Of the lines below, write out exactly those from the line with "-- MetricsAspect of" through the line with "MetricsRecorder S) where", both included, and skip the rest.

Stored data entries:
BEGIN

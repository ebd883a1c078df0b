-- ===== src/Schema/Keys.antt =====
-- The columns that the statements of the migration rely on.
use wiseorder.Prelude.{
  String, Bool, true, false, not, Bool-cases, both_true, if◌then◌else◌, ◌&&◌, ◌≡◌, refl, sym, List,
  [], ◌∷◌, ◌++◌, any, inl, inr, subst, eq_iff,
}
use mathlib.Core.List.{Memᴰ}
use mathlib.Core.List.Memᴰ.{head, tail, cases_cons, not-nil, append_cases}
use wiseorder.Prelude.Text.{str_eq}
use wiseorder.Schema.{
  Column, Table, Statement, create_table, create_index, drop_table, Schema, ColumnKey, has_column,
  has_referents,
}
use wiseorder.Schema.Grows.{Grows, Covers, creates}

-- These columns are there.
abbrev pub Known : List ColumnKey → Schema → Type 0
Known keys s = (k : ColumnKey) → Memᴰ k keys → has_column s k ≡ true

pub Known-Grows :
    (keys : List ColumnKey) (s s' : Schema) → Grows s s' → Known keys s → Known keys s'
Known-Grows keys s s' g k n m = g.columns n (k n m)

abbrev pub keys_of : String → List Column → List ColumnKey
keys_of n [] = []
keys_of n (c ∷ cs) = (n, c.unique, c.name) ∷ keys_of n cs

pub keys_of-Mem :
    (n : String) (cs : List Column) (k : ColumnKey)
    → Memᴰ k (keys_of n cs)
    → (c : Column) × Memᴰ c cs × (k ≡ (n, c.unique, c.name))
keys_of-Mem n [] k m = elim (not-nil m) [ ]
keys_of-Mem n (c ∷ cs) k m = elim (cases_cons m) [
  | inl e ↦ (c, head refl, e)
  | inr t ↦ let (d, q, e) = keys_of-Mem n cs k t in (d, tail q, e)
]

abbrev pub same_key : ColumnKey → ColumnKey → Bool
same_key (t, u, c) (t', u', c') = str_eq t t' && str_eq c c' && (if u then u' else not u')

pub same_key-eq : (m k : ColumnKey) → same_key m k ≡ true → m ≡ k
same_key-eq (t, u, c) (t', u', c') h =
    let (names, flags) = both_true (str_eq t t' && str_eq c c') (if u then u' else not u') h in
    let (p, q) = both_true (str_eq t t') (str_eq c c') names in
    λ i. ((eq_iff t t').0 p i, flags-eq u u' flags i, (eq_iff c c').0 q i)
  where
    flags-eq : (u u' : Bool) → (if u then u' else not u') ≡ true → u ≡ u'
    flags-eq true true e = refl
    flags-eq true false e = cc
    flags-eq false true e = cc
    flags-eq false false e = refl

abbrev pub knows : List ColumnKey → ColumnKey → Bool
knows keys k = any (λ m. same_key m k) keys

pub Known-knows :
    (keys : List ColumnKey) (s : Schema) (k : ColumnKey)
    → Known keys s
    → knows keys k ≡ true
    → has_column s k ≡ true
Known-knows [] s k known h = cc
Known-knows (m ∷ keys) s k known h = elim (Bool-cases (same_key m k)) [
  | inl p ↦ known k (head (sym (same_key-eq m k p)))
  | inr p ↦ Known-knows keys s k (λ j t. known j (tail t)) (rw p at h)
]

abbrev pub knows_all : List ColumnKey → List (String × String) → Bool
knows_all keys [] = true
knows_all keys ((t, c) ∷ rest) = knows keys (t, true, c) && knows_all keys rest

pub Known-knows_all :
    (keys : List ColumnKey) (s : Schema)
    → Known keys s
    → (rs : List (String × String)) → knows_all keys rs ≡ true
    → has_referents s rs ≡ true
Known-knows_all keys s known [] h = refl
Known-knows_all keys s known ((t, c) ∷ rs) h =
    let (p, q) = both_true (knows keys (t, true, c)) (knows_all keys rs) h in
    rw (Known-knows keys s (t, true, c) known p) (Known-knows_all keys s known rs q)

pub Known-add :
    (t : Table) (keys : List ColumnKey) (s : Schema)
    → Covers s t
    → Known keys s
    → Known (keys_of t.name t.columns ++ keys) s
Known-add t keys s covers known k m = elim (append_cases (keys_of t.name t.columns) m) [
  | inl a ↦
      let (c, q, e) = keys_of-Mem t.name t.columns k a in
      subst (λ x. has_column s x ≡ true) (sym e) (covers c q)
  | inr b ↦ known k b
]

-- Every statement creates, names only columns that are known or created before it, and no table is
-- created twice.
abbrev pub well_ordered : List ColumnKey → List Statement → Bool
well_ordered keys [] = true
well_ordered keys (create_table t ∷ sts) =
    (knows_all keys t.references && not (creates t.name sts))
    && well_ordered (keys_of t.name t.columns ++ keys) sts
well_ordered keys (create_index i ∷ sts) =
    knows keys (i.table, false, i.column) && well_ordered keys sts
well_ordered keys (drop_table n ∷ sts) = false
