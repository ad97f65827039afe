-- ===== src/Metrics/Recording.antt =====
-- MetricsAspect of aspect/builtin/metrics.go, around the rest of a command chain. A recorder acts on
-- a state; the name of a message's type, with its prefix, is a parameter.
use ddd_qce.Common.{
  ℕ, suc, ◌+◌, ◌-◌, ◌<◌, ◌≡◌, refl, ap, subst, String, true, Option, none, some, List, [], ◌∷◌,
  ◌++◌, length, length-append, arith, str_eq_refl,
}
use ddd_qce.Common.Int.{ℤ, pos}
use ddd_qce.Errors.{Err, ok}
use ddd_qce.Aspect.{CommandAspect, QueryAspect, EventAspect, after_error, run_command_aspects}
use ddd_qce.Metrics.{MetricsData, record_duration, record_error}
use ddd_qce.Metrics.Counts.{
  Seen, Shows, with_duration, with_error, record_duration-Shows, record_error-Shows,
}

-- The MetricsRecorder interface.
pub record MetricsRecorder (S : Type 0) : Type 0 where
  pub record_duration : S → String → ℤ → S
  pub record_error : S → String → Err → S

module _ {S : Type 0} (recorder : MetricsRecorder S) where
  -- AfterCommand, AfterQuery and AfterPublish.
  unfoldable pub observe : S → String → Option Err → ℤ → S
  observe s name none d = recorder.record_duration s name d
  observe s name (some e) d = recorder.record_error (recorder.record_duration s name d) name e

  module _ {Ctx Msg Res : Type 0} (operation : Msg → String) where
    unfoldable pub metrics_command : CommandAspect S Ctx Msg Res
    unfolding observe
    metrics_command = record {
      name = "metrics";
      order = pos 100;
      before_command = λ s ctx cmd. (s, ok ctx);
      after_command = λ s ctx cmd result err d. (observe s (operation cmd) err (pos d), none);
    }

    unfoldable pub metrics_query : QueryAspect S Ctx Msg Res
    unfolding observe
    metrics_query = record {
      name = "metrics";
      order = pos 100;
      before_query = λ s ctx query. (s, ok ctx);
      after_query = λ s ctx query result err d. (observe s (operation query) err (pos d), none);
    }

    unfoldable pub metrics_event : EventAspect S Ctx Msg Res
    unfolding observe
    metrics_event = record {
      name = "metrics";
      order = pos 100;
      before_publish = λ s ctx event. (s, ok ctx);
      after_publish = λ s ctx event err d. (observe s (operation event) err (pos d), none);
    }

-- The recorder in memory, beside the state of the handlers.
unfoldable pub in_memory_recorder : {R : Type 0} → MetricsRecorder (MetricsData × R)
unfolding record_duration record_error
in_memory_recorder = record {
  record_duration = λ s name d. (record_duration s.0 name d, s.1);
  record_error = λ s name e. (record_error s.0 name, s.1);
}

-- One more duration, and one more error if there is one.
abbrev pub seen_after : Seen → Option Err → ℤ → Seen
seen_after v none d = record v { durations = v.durations ++ d ∷ [] }
seen_after v (some e) d = record v { durations = v.durations ++ d ∷ []; errors = suc v.errors }

module _ {R : Type 0} where
  observe-Shows :
      (s : MetricsData × R) (name : String) (err : Option Err) (d : ℤ) (v : Seen)
      → length v.durations + v.errors + 2 < 9223372036854775808
      → Shows name s.0 v
      → Shows name (observe in_memory_recorder s name err d).0 (seen_after v err d)
  unfolding observe in_memory_recorder
  observe-Shows s name none d v small h =
      subst (λ b. Shows name (record_duration s.0 name d) (with_duration b d v)) (str_eq_refl name)
        (record_duration-Shows s.0 name name d v (omega (arith, small)) h)
  observe-Shows s name (some e) d v small h =
      let one =
        subst (λ b. Shows name (record_duration s.0 name d) (with_duration b d v))
          (str_eq_refl name) (record_duration-Shows s.0 name name d v (omega (arith, small)) h) in
      subst
        (λ b.
          Shows name (record_error (record_duration s.0 name d) name)
            (with_error b (with_duration true d v)))
        (str_eq_refl name)
        (record_error-Shows (record_duration s.0 name d) name name (with_duration true d v)
          (omega (arith, small, length-append v.durations (d ∷ []))) one)

observe-rest :
    {R : Type 0} (s : MetricsData × R) (name : String) (err : Option Err) (d : ℤ)
    → observe in_memory_recorder s name err d ≡ ((observe in_memory_recorder s name err d).0, s.1)
unfolding observe in_memory_recorder
observe-rest s name none d = refl
observe-rest s name (some e) d = refl

-- The metrics aspect with the recorder in memory changes neither the result nor the error of the rest
-- of the chain, nor the state of the handlers, and records under the command's name one
-- duration, and one error if there is one: a command that fails counts twice in the total.
pub metrics_command-Shows :
    {R Ctx Msg Res : Type 0} (operation : Msg → String) (clock : MetricsData × R → ℕ)
    → (next : MetricsData × R → Ctx → (MetricsData × R) × Option Res × Option Err)
    → (inner : List (CommandAspect (MetricsData × R) Ctx Msg Res))
    → (s : MetricsData × R) (ctx : Ctx) (cmd : Msg)
    → let (s', result, err) = run_command_aspects clock s ctx cmd next inner in
      (v : Seen)
      → length v.durations + v.errors + 2 < 9223372036854775808
      → Shows (operation cmd) s'.0 v
      → (m : MetricsData) × (run_command_aspects clock s ctx cmd next
            (metrics_command in_memory_recorder operation ∷ inner)
          ≡ ((m, s'.1), result, err))
        × Shows (operation cmd) m (seen_after v err (pos (clock s' - clock s)))
unfolding run_command_aspects metrics_command after_error
metrics_command-Shows operation clock next inner s ctx cmd v small h =
    let r = run_command_aspects clock s ctx cmd next inner in
    let d = pos (clock r.0 - clock s) in
    (
      (observe in_memory_recorder r.0 (operation cmd) r.2 d).0,
      ap (λ t. ((t), r.1, r.2)) (observe-rest r.0 (operation cmd) r.2 d),
      observe-Shows r.0 (operation cmd) r.2 d v small h,
    )
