-- ===== src/Metrics/Tests.antt =====
-- A run of the recorder of metrics.
use ddd_qce.Errors.{Err, err_not_found}
use ddd_qce.Aspect.{run_command_aspects}
use ddd_qce.Metrics.Recording.{
  metrics_command, in_memory_recorder, seen_after, metrics_command-Shows,
}
use ddd_qce.Metrics.{get_durations, get_error_count, get_total_count}
use ddd_qce.Metrics.Counts.{Agree}
use ddd_qce.Common.{◌-◌, Option, none, some, ℕ, lookup}
use ddd_qce.Common.{◌≡◌, refl, List, [], ◌∷◌, arith}
use ddd_qce.Common.Int.{pos}
use ddd_qce.Metrics.{new_metrics, MetricsData}
use ddd_qce.Metrics.Counts.{
  MetricsOp, duration, failure, reset_all, run_metrics, replay, Shows, run_metrics-new_metrics,
}

abbrev some_ops : List MetricsOp
some_ops =
    failure "Pay"
    ∷ reset_all
    ∷ duration "Pay" (pos 3)
    ∷ failure "Pay"
    ∷ duration "Ship" (pos 9)
    ∷ duration "Pay" (pos 4)
    ∷ []

replay_pay :
    replay "Pay" (record { durations = []; errors = 0 }) some_ops
    ≡ record { durations = pos 3 ∷ pos 4 ∷ []; errors = 1 }
unfolding replay
replay_pay = refl

run_metrics-new_metrics_example :
    Shows "Pay"
      (run_metrics new_metrics some_ops)
      (replay "Pay" (record { durations = []; errors = 0 }) some_ops)
run_metrics-new_metrics_example = run_metrics-new_metrics some_ops "Pay" (omega arith)

abbrev no_metrics : MetricsData × ℕ
no_metrics = (new_metrics, 0)

abbrev fails : MetricsData × ℕ → ℕ → (MetricsData × ℕ) × Option ℕ × Option Err
fails s ctx = (s, none, some err_not_found)

nothing_seen :
    Shows "Command/Pay"
      (run_command_aspects {Msg = ℕ} (λ s. 7) no_metrics 0 0 fails []).0.0
      (record { durations = []; errors = 0 })
unfolding run_command_aspects new_metrics Agree get_durations get_error_count get_total_count lookup
nothing_seen = (refl, refl, refl)

metrics_command-Shows_example :
    let (s', result, err) = run_command_aspects {Msg = ℕ} (λ s. 7) no_metrics 0 0 fails [] in
    (m : MetricsData) × (run_command_aspects {Msg = ℕ}
        (λ s. 7)
        no_metrics
        0
        0
        fails
        (metrics_command in_memory_recorder (λ c. "Command/Pay") ∷ [])
      ≡ ((m, s'.1), result, err))
    × Shows "Command/Pay" m (seen_after (record { durations = []; errors = 0 }) err (pos (7 - 7)))
metrics_command-Shows_example =
    metrics_command-Shows {Msg = ℕ} (λ c. "Command/Pay") (λ s. 7) fails [] no_metrics 0 0
      (record { durations = []; errors = 0 }) (omega arith) nothing_seen
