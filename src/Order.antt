-- ===== src/Order.antt =====
-- exampleapp/ddd/order/domain/model.go with the events of exampleapp/ddd/order/event: the order of
-- the example application, an aggregate of Aggregate. float64 is a type with its operations, a
-- parameter; times are numbers, and a time that is not set is none.
pub mod Moves
pub mod Rebuild
mod Tests
use ddd_qce.Common.{
  ℕ, String, Bool, true, false, not, Option, none, some, List, [], ◌∷◌, map, if◌then◌else◌, str_eq,
}
use ddd_qce.Common.Int.{ℤ}
use ddd_qce.Errors.{Err, Result, ok, error, Arg, text, Run, returns, panics}
use ddd_qce.Aggregate.{
  AggregateRoot, Aggregate, new_aggregate_root, validate as validate_root, apply_change,
}

abbrev pub status_pending : String
status_pending = "pending"

abbrev pub status_paid : String
status_paid = "paid"

abbrev pub status_shipped : String
status_shipped = "shipped"

abbrev pub status_cancelled : String
status_cancelled = "cancelled"

-- The operations of float64 that the order uses.
pub record Float64 (F : Type 0) : Type 0 where
  pub zero : F
  pub add : F → F → F
  pub mul : F → F → F
  pub of_int : ℤ → F

pub record OrderItem (F : Type 0) : Type 0 where
  pub id : String
  pub product_name : String
  pub price : F
  pub quantity : ℤ

-- The fields of Order beside its root.
pub record OrderState (F : Type 0) : Type 0 where
  pub user_id : String
  pub items : List (OrderItem F)
  pub status : String
  pub total_amount : F
  pub created_at : Option ℕ
  pub paid_at : Option ℕ
  pub shipped_at : Option ℕ
  pub cancelled_at : Option ℕ
  pub cancel_reason : String

-- The four events, each with the time of its BaseEvent, and any other event by its type.
pub data OrderEvent (F : Type 0) : Type 0 where
  order_placed : String → F → List String → ℕ → OrderEvent F
  payment_confirmed : ℕ → OrderEvent F
  order_shipped : ℕ → OrderEvent F
  order_cancelled : String → ℕ → OrderEvent F
  other_event : String → OrderEvent F

module _ {F : Type 0} where
  -- `%T` of an event.
  unfoldable pub type_name : OrderEvent F → String
  type_name (order_placed user total names at) = "*event.OrderPlacedEvent"
  type_name (payment_confirmed at) = "*event.PaymentConfirmedEvent"
  type_name (order_shipped at) = "*event.OrderShippedEvent"
  type_name (order_cancelled reason at) = "*event.OrderCancelledEvent"
  type_name (other_event name) = name

  unfoldable pub when : OrderState F → OrderEvent F → OrderState F × Option Err
  when o (order_placed user total names at) = (
    record o {
      user_id = user;
      total_amount = total;
      status = status_pending;
      created_at = some at;
    },
    none,
  )
  when o (payment_confirmed at) = (record o { status = status_paid; paid_at = some at }, none)
  when o (order_shipped at) = (record o { status = status_shipped; shipped_at = some at }, none)
  when o (order_cancelled reason at) =
      (record o { status = status_cancelled; cancelled_at = some at; cancel_reason = reason }, none)
  when o (other_event name) = (o, some (text "order: unhandled event type %T" (Arg.str name ∷ [])))

  unfoldable pub apply :
      Aggregate (OrderEvent F) (OrderState F)
      → OrderEvent F
      → Aggregate (OrderEvent F) (OrderState F) × Option Err
  apply o evt = apply_change type_name when o evt

  unfoldable pub confirm_payment :
      Aggregate (OrderEvent F) (OrderState F)
      → ℕ
      → Aggregate (OrderEvent F) (OrderState F) × Option Err
  unfolding apply
  confirm_payment o now =
      if not (str_eq o.state.status status_pending)
      then (
        o,
        some (
            text "order %s cannot be confirmed payment (status: %s)"
              (Arg.str o.root.id ∷ Arg.str o.state.status ∷ [])),
      )
      else apply o (payment_confirmed now)

  unfoldable pub ship :
      Aggregate (OrderEvent F) (OrderState F)
      → ℕ
      → Aggregate (OrderEvent F) (OrderState F) × Option Err
  unfolding apply
  ship o now =
      if not (str_eq o.state.status status_paid)
      then (
        o,
        some (
            text "order %s cannot be shipped (status: %s)"
              (Arg.str o.root.id ∷ Arg.str o.state.status ∷ [])),
      )
      else apply o (order_shipped now)

  unfoldable pub cancel :
      Aggregate (OrderEvent F) (OrderState F)
      → String
      → ℕ
      → Aggregate (OrderEvent F) (OrderState F) × Option Err
  unfolding apply
  cancel o reason now =
      if str_eq o.state.status status_cancelled
      then (o, some (text "order %s already cancelled" (Arg.str o.root.id ∷ [])))
      else if str_eq o.state.status status_shipped
      then (o, some (text "order %s already shipped, cannot cancel" (Arg.str o.root.id ∷ [])))
      else apply o (order_cancelled reason now)

  unfoldable pub item_names : List (OrderItem F) → List String
  item_names items = map (λ i. i.product_name) items

  -- The loop of validate over the items.
  unfoldable pub validate_items : List (OrderItem F) → Option Err
  validate_items [] = none
  validate_items (i ∷ is) =
      if str_eq i.id "" then some (text "order item has empty product ID" []) else validate_items is

  abbrev no_items : List (OrderItem F) → Bool
  no_items [] = true
  no_items (i ∷ is) = false

  unfoldable pub validate : Aggregate (OrderEvent F) (OrderState F) → Option Err
  unfolding validate_items
  validate o = elim (validate_root o.root) [
    | some err ↦ some err
    | none ↦
        if str_eq o.state.user_id ""
        then some (text "order must have a user ID" [])
        else if no_items o.state.items
        then some (text "order must have at least one item" [])
        else validate_items o.state.items
  ]

  module _ (float : Float64 F) where
    unfoldable pub subtotal : OrderItem F → F
    subtotal i = float.mul i.price (float.of_int i.quantity)

    unfoldable pub total_from : F → List (OrderItem F) → F
    unfolding subtotal
    total_from t [] = t
    total_from t (i ∷ is) = total_from (float.add t (subtotal i)) is

    unfoldable pub calculate_total : List (OrderItem F) → F
    unfolding total_from
    calculate_total items = total_from float.zero items

    -- A Go struct of zero values.
    abbrev pub zero_state : OrderState F
    zero_state = record {
      user_id = "";
      items = [];
      status = "";
      total_amount = float.zero;
      created_at = none;
      paid_at = none;
      shipped_at = none;
      cancelled_at = none;
      cancel_reason = "";
    }

    -- The order before its first event; the two times are those of NewOrder and of the event.
    abbrev pub drafted :
        AggregateRoot (OrderEvent F)
        → String
        → List (OrderItem F)
        → ℕ
        → Aggregate (OrderEvent F) (OrderState F)
    drafted root user items now = record {
      root = root;
      state = record zero_state {
        user_id = user;
        items = items;
        status = status_pending;
        created_at = some now;
      };
    }

    abbrev pub with_total :
        Aggregate (OrderEvent F) (OrderState F) → Aggregate (OrderEvent F) (OrderState F)
    with_total o = record o {
      state = record o.state { total_amount = calculate_total o.state.items };
    }

    abbrev pub placed_event : Aggregate (OrderEvent F) (OrderState F) → ℕ → OrderEvent F
    placed_event o at =
        order_placed o.state.user_id o.state.total_amount (item_names o.state.items) at

    abbrev pub place :
        Aggregate (OrderEvent F) (OrderState F)
        → ℕ
        → Result (Aggregate (OrderEvent F) (OrderState F))
    place o at = elim (apply o (placed_event o at)).1 [
      | some err ↦ error err
      | none ↦ ok (apply o (placed_event o at)).0
    ]

    unfoldable pub new_order :
        String
        → String
        → List (OrderItem F)
        → ℕ
        → ℕ
        → Result (Aggregate (OrderEvent F) (OrderState F))
    unfolding validate calculate_total item_names apply
    new_order id user items now at = elim (new_aggregate_root id) [
      | error err ↦ error err
      | ok root ↦ elim (validate (drafted root user items now)) [
        | some err ↦ error err
        | none ↦ place (with_total (drafted root user items now)) at
      ]
    ]

    abbrev pub blank : AggregateRoot (OrderEvent F) → Aggregate (OrderEvent F) (OrderState F)
    blank root = record { root = root; state = zero_state }

    unfoldable pub new_order_for_replay : String → Run (Aggregate (OrderEvent F) (OrderState F))
    new_order_for_replay id = elim (new_aggregate_root id) [
      | error err ↦ panics
      | ok root ↦ returns (blank root)
    ]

END

Solution to this task -
-- MetricsAspect of aspect/builtin/metrics.go, around the rest of a command chain. A recorder acts on
-- a state; the name of a message's type, with its prefix, is a parameter.
use ddd_qce.Common.{
  ℕ, suc, ◌+◌, ◌-◌, ◌<◌, ◌≡◌, refl, ap, subst, String, true, Option, none, some, List, [], ◌∷◌,
  ◌++◌, length, length-append, arith, str_eq_refl,
}
use ddd_qce.Common.Int.{ℤ, pos}
use ddd_qce.Errors.{Err, ok}
use ddd_qce.Aspect.{CommandAspect, QueryAspect, EventAspect, after_error, run_command_aspects}
use ddd_qce.Metrics.{MetricsData, record_duration, record_error}
use ddd_qce.Metrics.Counts.{
  Seen, Shows, with_duration, with_error, record_duration-Shows, record_error-Shows,
}

-- The MetricsRecorder interface.
pub record MetricsRecorder (S : Type 0) : Type 0 where
  pub record_duration : S → String → ℤ → S
  pub record_error : S → String → Err → S

module _ {S : Type 0} (recorder : MetricsRecorder S) where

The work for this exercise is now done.